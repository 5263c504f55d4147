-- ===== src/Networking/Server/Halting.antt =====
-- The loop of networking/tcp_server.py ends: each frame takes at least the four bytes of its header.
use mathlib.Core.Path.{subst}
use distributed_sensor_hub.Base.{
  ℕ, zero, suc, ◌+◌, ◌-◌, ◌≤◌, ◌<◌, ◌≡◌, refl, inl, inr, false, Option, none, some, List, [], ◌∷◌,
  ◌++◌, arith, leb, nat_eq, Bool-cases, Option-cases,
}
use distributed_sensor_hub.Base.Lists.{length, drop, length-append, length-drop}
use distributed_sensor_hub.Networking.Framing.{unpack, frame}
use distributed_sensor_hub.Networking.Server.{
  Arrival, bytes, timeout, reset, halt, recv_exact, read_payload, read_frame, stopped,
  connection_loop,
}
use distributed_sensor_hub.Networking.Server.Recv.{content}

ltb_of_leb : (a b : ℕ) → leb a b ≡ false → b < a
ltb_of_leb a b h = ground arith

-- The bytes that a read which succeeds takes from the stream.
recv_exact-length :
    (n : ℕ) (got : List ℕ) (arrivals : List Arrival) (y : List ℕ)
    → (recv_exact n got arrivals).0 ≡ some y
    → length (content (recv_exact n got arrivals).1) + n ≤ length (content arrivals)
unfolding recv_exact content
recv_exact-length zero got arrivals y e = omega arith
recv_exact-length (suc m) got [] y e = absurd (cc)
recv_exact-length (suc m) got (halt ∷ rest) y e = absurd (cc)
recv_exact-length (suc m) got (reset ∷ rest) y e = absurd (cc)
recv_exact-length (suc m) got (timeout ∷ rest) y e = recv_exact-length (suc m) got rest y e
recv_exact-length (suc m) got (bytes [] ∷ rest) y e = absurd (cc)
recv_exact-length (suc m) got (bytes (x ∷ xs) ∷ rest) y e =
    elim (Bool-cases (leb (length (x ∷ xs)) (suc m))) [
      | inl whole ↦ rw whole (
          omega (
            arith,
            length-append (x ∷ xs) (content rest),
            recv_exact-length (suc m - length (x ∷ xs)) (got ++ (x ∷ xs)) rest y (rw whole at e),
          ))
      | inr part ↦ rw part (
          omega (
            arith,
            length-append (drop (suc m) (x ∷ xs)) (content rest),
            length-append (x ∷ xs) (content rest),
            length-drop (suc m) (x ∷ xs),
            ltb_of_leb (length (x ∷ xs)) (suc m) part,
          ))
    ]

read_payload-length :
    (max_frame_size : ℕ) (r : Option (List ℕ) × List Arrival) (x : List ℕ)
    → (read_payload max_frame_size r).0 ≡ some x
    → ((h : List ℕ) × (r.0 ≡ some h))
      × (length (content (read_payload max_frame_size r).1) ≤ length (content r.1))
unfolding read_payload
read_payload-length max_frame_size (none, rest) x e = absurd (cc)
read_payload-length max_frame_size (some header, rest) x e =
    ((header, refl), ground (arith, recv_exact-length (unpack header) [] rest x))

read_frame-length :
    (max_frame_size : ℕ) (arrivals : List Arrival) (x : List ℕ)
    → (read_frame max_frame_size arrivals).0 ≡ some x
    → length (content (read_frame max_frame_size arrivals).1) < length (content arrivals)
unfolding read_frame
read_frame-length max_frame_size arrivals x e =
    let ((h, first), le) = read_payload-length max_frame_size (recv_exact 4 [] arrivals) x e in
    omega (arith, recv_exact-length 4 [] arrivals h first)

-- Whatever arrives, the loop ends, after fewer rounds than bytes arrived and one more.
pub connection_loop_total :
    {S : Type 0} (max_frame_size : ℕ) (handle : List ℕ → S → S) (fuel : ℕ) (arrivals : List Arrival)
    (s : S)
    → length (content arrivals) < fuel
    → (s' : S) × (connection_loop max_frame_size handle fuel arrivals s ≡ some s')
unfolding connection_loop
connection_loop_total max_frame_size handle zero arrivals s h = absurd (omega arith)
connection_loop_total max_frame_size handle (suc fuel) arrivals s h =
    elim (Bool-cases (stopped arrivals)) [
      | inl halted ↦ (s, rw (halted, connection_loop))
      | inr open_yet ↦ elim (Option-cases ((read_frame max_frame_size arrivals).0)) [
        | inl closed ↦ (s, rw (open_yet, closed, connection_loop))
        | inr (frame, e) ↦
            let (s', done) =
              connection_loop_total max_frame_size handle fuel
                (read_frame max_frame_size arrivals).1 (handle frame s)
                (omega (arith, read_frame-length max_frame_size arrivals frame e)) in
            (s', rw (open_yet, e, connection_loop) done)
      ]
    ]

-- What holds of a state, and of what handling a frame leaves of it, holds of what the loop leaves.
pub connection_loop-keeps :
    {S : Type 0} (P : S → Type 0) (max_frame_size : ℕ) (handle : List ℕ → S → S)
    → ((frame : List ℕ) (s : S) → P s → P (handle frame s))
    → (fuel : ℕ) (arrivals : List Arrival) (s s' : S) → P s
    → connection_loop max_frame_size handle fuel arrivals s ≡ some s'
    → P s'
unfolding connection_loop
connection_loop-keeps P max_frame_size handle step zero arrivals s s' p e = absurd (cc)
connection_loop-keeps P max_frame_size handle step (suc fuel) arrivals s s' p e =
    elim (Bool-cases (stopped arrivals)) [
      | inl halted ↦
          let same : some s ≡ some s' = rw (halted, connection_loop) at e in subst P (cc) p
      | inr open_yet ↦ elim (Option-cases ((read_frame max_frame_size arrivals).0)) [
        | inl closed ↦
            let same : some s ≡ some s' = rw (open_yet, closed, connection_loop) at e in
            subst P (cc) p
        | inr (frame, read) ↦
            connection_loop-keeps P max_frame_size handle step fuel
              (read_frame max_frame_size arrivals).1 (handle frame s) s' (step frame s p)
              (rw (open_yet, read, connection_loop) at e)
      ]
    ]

+ + +

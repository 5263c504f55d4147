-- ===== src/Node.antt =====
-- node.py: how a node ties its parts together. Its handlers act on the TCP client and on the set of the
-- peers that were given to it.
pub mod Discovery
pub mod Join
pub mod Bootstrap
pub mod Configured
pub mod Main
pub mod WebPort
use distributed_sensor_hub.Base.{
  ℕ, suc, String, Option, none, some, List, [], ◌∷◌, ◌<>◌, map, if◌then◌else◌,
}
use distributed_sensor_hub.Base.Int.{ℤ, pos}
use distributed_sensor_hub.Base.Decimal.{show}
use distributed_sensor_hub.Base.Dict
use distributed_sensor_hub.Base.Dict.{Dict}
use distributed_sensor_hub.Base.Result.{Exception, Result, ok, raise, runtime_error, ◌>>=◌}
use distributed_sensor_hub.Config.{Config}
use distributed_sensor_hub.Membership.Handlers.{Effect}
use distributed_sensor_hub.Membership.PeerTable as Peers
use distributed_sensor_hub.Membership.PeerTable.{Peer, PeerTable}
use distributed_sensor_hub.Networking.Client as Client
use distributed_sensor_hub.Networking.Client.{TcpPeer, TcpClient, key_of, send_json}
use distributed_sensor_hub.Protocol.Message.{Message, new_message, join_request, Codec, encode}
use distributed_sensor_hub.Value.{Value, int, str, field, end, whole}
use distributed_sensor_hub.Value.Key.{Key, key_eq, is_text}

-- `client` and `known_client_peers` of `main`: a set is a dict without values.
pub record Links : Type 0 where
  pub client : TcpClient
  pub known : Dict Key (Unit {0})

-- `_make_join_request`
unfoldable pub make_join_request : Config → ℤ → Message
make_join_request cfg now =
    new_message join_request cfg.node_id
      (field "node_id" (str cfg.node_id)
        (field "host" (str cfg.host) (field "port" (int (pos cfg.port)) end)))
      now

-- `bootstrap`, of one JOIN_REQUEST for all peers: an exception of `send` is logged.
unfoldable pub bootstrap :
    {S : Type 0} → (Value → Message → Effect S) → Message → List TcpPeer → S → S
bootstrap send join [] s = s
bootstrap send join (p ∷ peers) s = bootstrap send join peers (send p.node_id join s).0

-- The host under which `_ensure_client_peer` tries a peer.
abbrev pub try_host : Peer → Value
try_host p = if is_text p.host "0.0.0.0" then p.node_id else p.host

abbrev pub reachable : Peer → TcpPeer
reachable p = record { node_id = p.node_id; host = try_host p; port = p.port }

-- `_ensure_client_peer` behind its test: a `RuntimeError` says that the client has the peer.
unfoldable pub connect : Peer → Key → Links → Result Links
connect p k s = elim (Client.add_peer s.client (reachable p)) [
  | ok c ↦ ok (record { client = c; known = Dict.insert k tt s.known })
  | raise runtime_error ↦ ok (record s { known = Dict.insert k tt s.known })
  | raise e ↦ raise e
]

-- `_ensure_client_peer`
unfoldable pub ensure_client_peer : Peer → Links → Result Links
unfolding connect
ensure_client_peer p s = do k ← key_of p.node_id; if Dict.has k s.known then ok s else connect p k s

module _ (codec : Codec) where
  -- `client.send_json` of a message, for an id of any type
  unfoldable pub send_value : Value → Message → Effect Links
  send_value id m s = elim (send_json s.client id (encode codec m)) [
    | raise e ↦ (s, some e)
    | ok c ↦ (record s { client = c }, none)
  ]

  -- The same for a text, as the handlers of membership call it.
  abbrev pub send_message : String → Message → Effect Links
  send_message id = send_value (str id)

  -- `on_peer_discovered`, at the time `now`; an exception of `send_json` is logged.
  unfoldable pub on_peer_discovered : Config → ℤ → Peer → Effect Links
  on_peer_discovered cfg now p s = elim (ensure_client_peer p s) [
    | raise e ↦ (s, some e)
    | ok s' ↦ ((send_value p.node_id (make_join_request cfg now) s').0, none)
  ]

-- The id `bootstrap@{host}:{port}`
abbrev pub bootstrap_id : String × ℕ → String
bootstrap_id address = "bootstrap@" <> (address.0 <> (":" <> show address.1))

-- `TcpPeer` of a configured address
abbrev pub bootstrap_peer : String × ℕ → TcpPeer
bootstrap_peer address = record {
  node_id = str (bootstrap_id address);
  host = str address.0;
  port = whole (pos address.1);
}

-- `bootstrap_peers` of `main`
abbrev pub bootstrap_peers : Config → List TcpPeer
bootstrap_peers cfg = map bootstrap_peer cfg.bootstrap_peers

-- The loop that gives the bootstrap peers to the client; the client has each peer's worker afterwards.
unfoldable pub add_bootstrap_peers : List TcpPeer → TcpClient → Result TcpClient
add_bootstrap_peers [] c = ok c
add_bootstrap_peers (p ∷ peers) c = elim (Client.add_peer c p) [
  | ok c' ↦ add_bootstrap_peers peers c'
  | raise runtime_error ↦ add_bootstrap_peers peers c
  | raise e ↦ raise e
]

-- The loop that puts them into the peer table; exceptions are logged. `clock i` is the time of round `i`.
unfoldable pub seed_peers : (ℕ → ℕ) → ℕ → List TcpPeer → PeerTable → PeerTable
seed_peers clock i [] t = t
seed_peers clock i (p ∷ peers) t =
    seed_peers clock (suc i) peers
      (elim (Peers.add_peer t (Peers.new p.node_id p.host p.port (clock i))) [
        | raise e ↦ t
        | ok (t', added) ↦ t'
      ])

+ + +

Report, from the entries above, each line where "none" is found.

  ℕ, zero, suc, ◌+◌, ◌-◌, ◌≤◌, ◌<◌, ◌≡◌, refl, inl, inr, false, Option, none, some, List, [], ◌∷◌,
read_payload-length max_frame_size (none, rest) x e = absurd (cc)
  ℕ, suc, String, Option, none, some, List, [], ◌∷◌, ◌<>◌, map, if◌then◌else◌,
    | ok c ↦ (record s { client = c }, none)
    | ok s' ↦ ((send_value p.node_id (make_join_request cfg now) s').0, none)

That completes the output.